Open Qcatbot opened 4 years ago

Qcatbot commented 4 years ago

I am dealing with the medical images of size 3000x5000 and have around 1500 images. I cant keep default image size to 600 as in the config.py (self.im_size = 600) as it takes long time to train. So I decided to scale down the image size to 300x500. But if I do that, the size of the tumors will be scale down to 32x32 pixel values (very small)... So I want to make sure the receptive fields do not miss the presence of tumors of this size. If the receptive field is large, I think there is a high probability to miss it... please someone could help me to figure out how to change the receptive fields as we want? Is it related to the anchor box sizes in config.py (self.anchor_box_scales = [64, 128, 256]) .

Arthur023 commented 4 years ago

If you're tumor is 32x32 pixels I would put as anchor_box_scale the following: [16,32,64]. You also want to make sure that you take more steps. So you want to change self.rpn_stride = 16. To something else so you take more steps.

But to be honest I would solve it differently. I would just cut your image in 4 with some preprocessing. That way you can give in a 1500x2500 image. Or maybe you can even cut them in 8

Qcatbot commented 4 years ago

Hi @Arthur023.. thanks for the advice. Unfortunately I am not in a position to apply your technique. I have to submit my thesis in few days.

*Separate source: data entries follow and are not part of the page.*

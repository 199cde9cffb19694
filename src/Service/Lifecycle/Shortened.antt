-- ===== src/Service/Lifecycle/Shortened.antt =====
-- The two ways in which `ShortenURL` succeeds on the tables.
use production_ready_url_sho.Common.{
  ℕ, suc, ◌≡◌, ◌∙◌, sym, ap, String, List, ◌∷◌, none, some, false, inl, inr, arith, ltb, chars,
}
use production_ready_url_sho.Failure.{Result, ok}
use production_ready_url_sho.Context.{Ctx}
use production_ready_url_sho.Model.{Stamp, Url, new_url}
use production_ready_url_sho.Keygen.{short_key_from_url, max_collision_retries}
use production_ready_url_sho.Sql.{
  Tables, execute, insert_into_urls, as_inserted, columns, has_live_key,
}
use production_ready_url_sho.Sql.Selecting.{find_live, find_live-none}
use production_ready_url_sho.Repository.{filled}
use production_ready_url_sho.Repository.Integrity.{insert-cases}
use production_ready_url_sho.Repository.Calm.{table_urls, table_requests}
use production_ready_url_sho.Service.{
  Probe, existing, free, failed, probe, store, conclude, shorten_url,
}
use production_ready_url_sho.Service.OnTables.{log_request-urls, probe-Found, Found}

-- The loop of `ShortenURL`, from its start.
abbrev pub lookup : (String → List ℕ) → Ctx → String → Tables → Probe × Tables
lookup sum256 ctx original t =
    probe sum256 table_urls ctx original (suc max_collision_retries) 0
      (short_key_from_url sum256 original) t

module _ (sum256 : String → List ℕ) (ctx : Ctx) (st log_st : Stamp) (original agent : String) where
  abbrev pub shorten : Tables → Result Url × Tables
  shorten t = shorten_url sum256 table_urls table_requests ctx st log_st original agent t

  -- A row that was there before is returned, or the new row is inserted under a key that no live
  -- row had.
  pub data Shortened (t : Tables) (u : Url) (t' : Tables) : Type 0 where
    reused :
        (row : Url)
        → lookup sum256 ctx original t ≡ (existing u, t)
        → find_live u.short_key t.urls ≡ some row
        → u ≡ filled (columns row)
        → row.url ≡ original
        → t'.urls ≡ t.urls
        → Shortened t u t'
    created :
        (key : String)
        → lookup sum256 ctx original t ≡ (free key, t)
        → u ≡ new_url st original key
        → find_live key t.urls ≡ none
        → ltb 11 (chars key) ≡ false
        → t'.urls ≡ u ∷ t.urls
        → Shortened t u t'

  inserted-room :
      (u : Url) (t : Tables)
      → insert_into_urls u t ≡ (ok 1, record t { urls = as_inserted u ∷ t.urls })
      → (has_live_key u.short_key t.urls ≡ false) × (ltb 11 (chars u.short_key) ≡ false)
  unfolding insert_into_urls
  inserted-room u t h = (ground arith, ground arith)

  pub store-created :
      (key : String) (u : Url) (t t' : Tables)
      → let new = new_url st original key in
        store sum256 table_urls table_requests ctx log_st agent new (table_urls.create ctx new t)
          ≡ (ok u, t')
        → (u ≡ new_url st original key)
          × (find_live key t.urls ≡ none)
          × (ltb 11 (chars key) ≡ false)
          × (t'.urls ≡ u ∷ t.urls)
  unfolding store new_url execute
  store-created key u t t' h =
      let new = new_url st original key in
      elim (insert-cases new t) [
        | inl e ↦
            let h' = rw e at h in
            let same : new ≡ u = cc h' in
            (
              sym same,
              (find_live-none key t.urls).1 (inserted-room new t e).0,
              (inserted-room new t e).1,
              ap (λ (x : Result Url × Tables). x.1.urls) (sym h')
                  ∙ log_request-urls sum256 ctx log_st new.id agent
                      (record t { urls = as_inserted new ∷ t.urls })
                  ∙ ap (λ v. v ∷ t.urls) same,
            )
        | inr (x, e) ↦ let h' = rw e at h in cc h'
      ]

  conclude-Shortened :
      (p : Probe) (t t' : Tables) (u : Url)
      → lookup sum256 ctx original t ≡ (p, t)
      → Found sum256 ctx original t p
      → conclude sum256 table_urls table_requests ctx st log_st original agent (p, t) ≡ (ok u, t')
      → Shortened t u t'
  unfolding conclude
  conclude-Shortened (existing v) t t' u looked (row, there, same, known) h =
      let e : v ≡ u = cc h in
      reused row (looked ∙ ap (λ w. (existing w, t)) e)
        (ap (λ w. find_live w.short_key t.urls) (sym e) ∙ there) (sym e ∙ same) known
        (ap (λ (x : Result Url × Tables). x.1.urls) (sym h)
          ∙ log_request-urls sum256 ctx log_st v.id agent t)
  conclude-Shortened (free key) t t' u looked _ h =
      let (same, room, fits, after) = store-created key u t t' h in
      created key looked same room fits after
  conclude-Shortened (failed e) t t' u looked f h = absurd f

  -- A success of `ShortenURL` on the tables went one of the two ways.
  pub shorten-Shortened : (t t' : Tables) (u : Url) → shorten t ≡ (ok u, t') → Shortened t u t'
  unfolding shorten_url
  shorten-Shortened t t' u h =
      let (same, found) = probe-Found sum256 ctx original (suc max_collision_retries) 0 t in
      let looked : lookup sum256 ctx original t ≡ ((lookup sum256 ctx original t).0, t) =
        ap (λ s. ((lookup sum256 ctx original t).0, s)) same in
      conclude-Shortened (lookup sum256 ctx original t).0 t t' u looked found (
        ap (conclude sum256 table_urls table_requests ctx st log_st original agent) (sym looked)
        ∙ h)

My RPN working pretty well. Nicely loss is converging. However the total loss when I train the whole network is messing up!! Only in the first few epochs the loss has gone down.. after than no improvement. But my train_frcnn.py is still running at the moment!! Can I stop the training process and tune the parameters and restart it? will it work? Theoretically it might work.. but I am not sure.

Arthur023 commented 4 years ago

That is pretty weird that your total loss is not improving after the first few epoches. To be honest I have never stopped a training early. Well I do it but then I throw the model away. So I can't answer you there. However I assume it is possible.